▶ THE DATA
-----
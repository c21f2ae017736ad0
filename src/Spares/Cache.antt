-- ===== src/Spares/Cache.antt =====
-- spare_part_movement_service.py, `_increase_cache` and `_decrease_cache`: what they do to the cached
-- stocks.
use daily_figures.Common.{
  ℕ, ◌≡◌, refl, ◌∙◌, ap, inl, inr, Bool, true, false, Option, none, some, ◌==◌, ==_iff,
  if◌then◌else◌, Result, ok, raise, Bool-cases, Option-cases,
}
use daily_figures.Spares.{SparePart, Ledger}
use daily_figures.Spares.Amounts.{Decimal, Engine}
use daily_figures.Spares.Record.{MovementError, set_cache, set_part, increase_cache, decrease_cache}

abbrev pub cache_of : {S : Type 0} → Option (SparePart S) → Option S
cache_of none = none
cache_of (some part) = some part.current_stock_cache

abbrev pub cache_at : {S : Type 0} → ℕ → Ledger S → Option S
cache_at id db = cache_of (db.part_at id)

-- The engine's sum or difference, in the cache of the part itself.
abbrev pub shift : {S : Type 0} → Engine S → (is_up is_own : Bool) → Decimal → Option S → Option S
shift engine is_up is_own q none = none
shift engine is_up is_own q (some c) =
    some (if is_own then (if is_up then engine.add c q else engine.subtract c q) else c)

-- The two functions as one.
abbrev pub change_cache :
    {S : Type 0}
    → Engine S
    → (is_up : Bool) → ℕ
    → Decimal
    → Ledger S
    → Result MovementError (Ledger S)
change_cache engine is_up id q db =
    if is_up then ok (increase_cache engine id q db) else decrease_cache engine id q db

-- A change of the cache moves the cache of the part by the quantity, and no other, and the rows of the
-- ledger stay.
pub record CacheMoved {S : Type 0} (engine : Engine S) (is_up : Bool) (id : ℕ) (q : Decimal)
    (db db' : Ledger S) : Type 0 where
  pub caches : (i : ℕ) → cache_at i db' ≡ shift engine is_up (i == id) q (cache_at i db)
  pub rows : db'.movements ≡ db.movements
  pub gate : is_up ≡ false → (c : S) × (cache_at id db ≡ some c) × (engine.at_least c q ≡ true)

module _ {S : Type 0} (engine : Engine S) where
  shift_other : (is_up : Bool) (q : Decimal) (o : Option S) → o ≡ shift engine is_up false q o
  shift_other is_up q none = refl
  shift_other is_up q (some c) = refl

  cache_at-set_part :
      (is_up : Bool) (i id : ℕ) (q : Decimal) (part : SparePart S) (db : Ledger S)
      → db.part_at id ≡ some part
      → cache_at i (
          set_part id
            (set_cache
              (if is_up
                then engine.add part.current_stock_cache q
                else engine.subtract part.current_stock_cache q)
              part)
            db)
        ≡ shift engine is_up (i == id) q (cache_at i db)
  cache_at-set_part is_up i id q part db found = elim (Bool-cases (i == id)) [
    | inr other ↦ rw other (shift_other is_up q (cache_at i db))
    | inl own ↦
        let before : cache_at i db ≡ some part.current_stock_cache =
          ap (λ (k : ℕ). cache_at k db) ((==_iff i id).0 own) ∙ ap cache_of found in
        rw (own, before) refl
  ]

  cache_at-missing :
      (is_up : Bool) (i id : ℕ) (q : Decimal) (db : Ledger S)
      → db.part_at id ≡ none
      → cache_at i db ≡ shift engine is_up (i == id) q (cache_at i db)
  cache_at-missing is_up i id q db missing = elim (Bool-cases (i == id)) [
    | inr other ↦ rw other (shift_other is_up q (cache_at i db))
    | inl own ↦
        let before : cache_at i db ≡ none =
          ap (λ (k : ℕ). cache_at k db) ((==_iff i id).0 own) ∙ ap cache_of missing in
        rw before refl
  ]

  increase_cache-CacheMoved :
      (id : ℕ) (q : Decimal) (db : Ledger S)
      → CacheMoved engine true id q db (increase_cache engine id q db)
  unfolding increase_cache
  increase_cache-CacheMoved id q db = elim (Option-cases (db.part_at id)) [
    | inl missing ↦
        rw (missing, increase_cache)
          record {
            caches = λ i. cache_at-missing true i id q db missing;
            rows = refl;
            gate = λ h. absurd (cc);
          }
    | inr (part, found) ↦
        rw (found, increase_cache)
          record {
            caches = λ i. cache_at-set_part true i id q part db found;
            rows = refl;
            gate = λ h. absurd (cc);
          }
  ]

  abbrev value : Ledger S → Result MovementError (Ledger S) → Ledger S
  value d (ok db) = db
  value d (raise e) = d

  decrease_cache-CacheMoved :
      (id : ℕ) (q : Decimal) (db db' : Ledger S)
      → decrease_cache engine id q db ≡ ok db'
      → CacheMoved engine false id q db db'
  unfolding decrease_cache
  decrease_cache-CacheMoved id q db db' e = elim (Option-cases (db.part_at id)) [
    | inl missing ↦ cc (rw (missing, decrease_cache) at e)
    | inr (part, found) ↦ elim (Bool-cases (engine.at_least part.current_stock_cache q)) [
      | inr short ↦ cc (rw short at (rw (found, decrease_cache) at e))
      | inl enough ↦
          let same = ap (value db) (rw enough at (rw (found, decrease_cache) at e)) in
          rw (← same) record {
            caches = λ i. cache_at-set_part false i id q part db found;
            rows = refl;
            gate = λ _. (part.current_stock_cache, ap cache_of found, enough);
          }
    ]
  ]

  pub change_cache-CacheMoved :
      (is_up : Bool) (id : ℕ) (q : Decimal) (db db' : Ledger S)
      → change_cache engine is_up id q db ≡ ok db'
      → CacheMoved engine is_up id q db db'
  change_cache-CacheMoved false id q db db' e = decrease_cache-CacheMoved id q db db' e
  change_cache-CacheMoved true id q db db' e =
      rw (← ap (value db) e) (increase_cache-CacheMoved id q db)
-----
▶ WHAT YOU ARE ASKED TO DO
The stretch of entries above that starts with the line containing "db (increase_cache engine id q db)" and goes on through the line containing "rw (found, increase_cache)" is to be transcribed exactly, and no other line is to be transcribed.

▶ OUTPUT
      → CacheMoved engine true id q db (increase_cache engine id q db)
  unfolding increase_cache
  increase_cache-CacheMoved id q db = elim (Option-cases (db.part_at id)) [
    | inl missing ↦
        rw (missing, increase_cache)
          record {
            caches = λ i. cache_at-missing true i id q db missing;
            rows = refl;
            gate = λ h. absurd (cc);
          }
    | inr (part, found) ↦
        rw (found, increase_cache)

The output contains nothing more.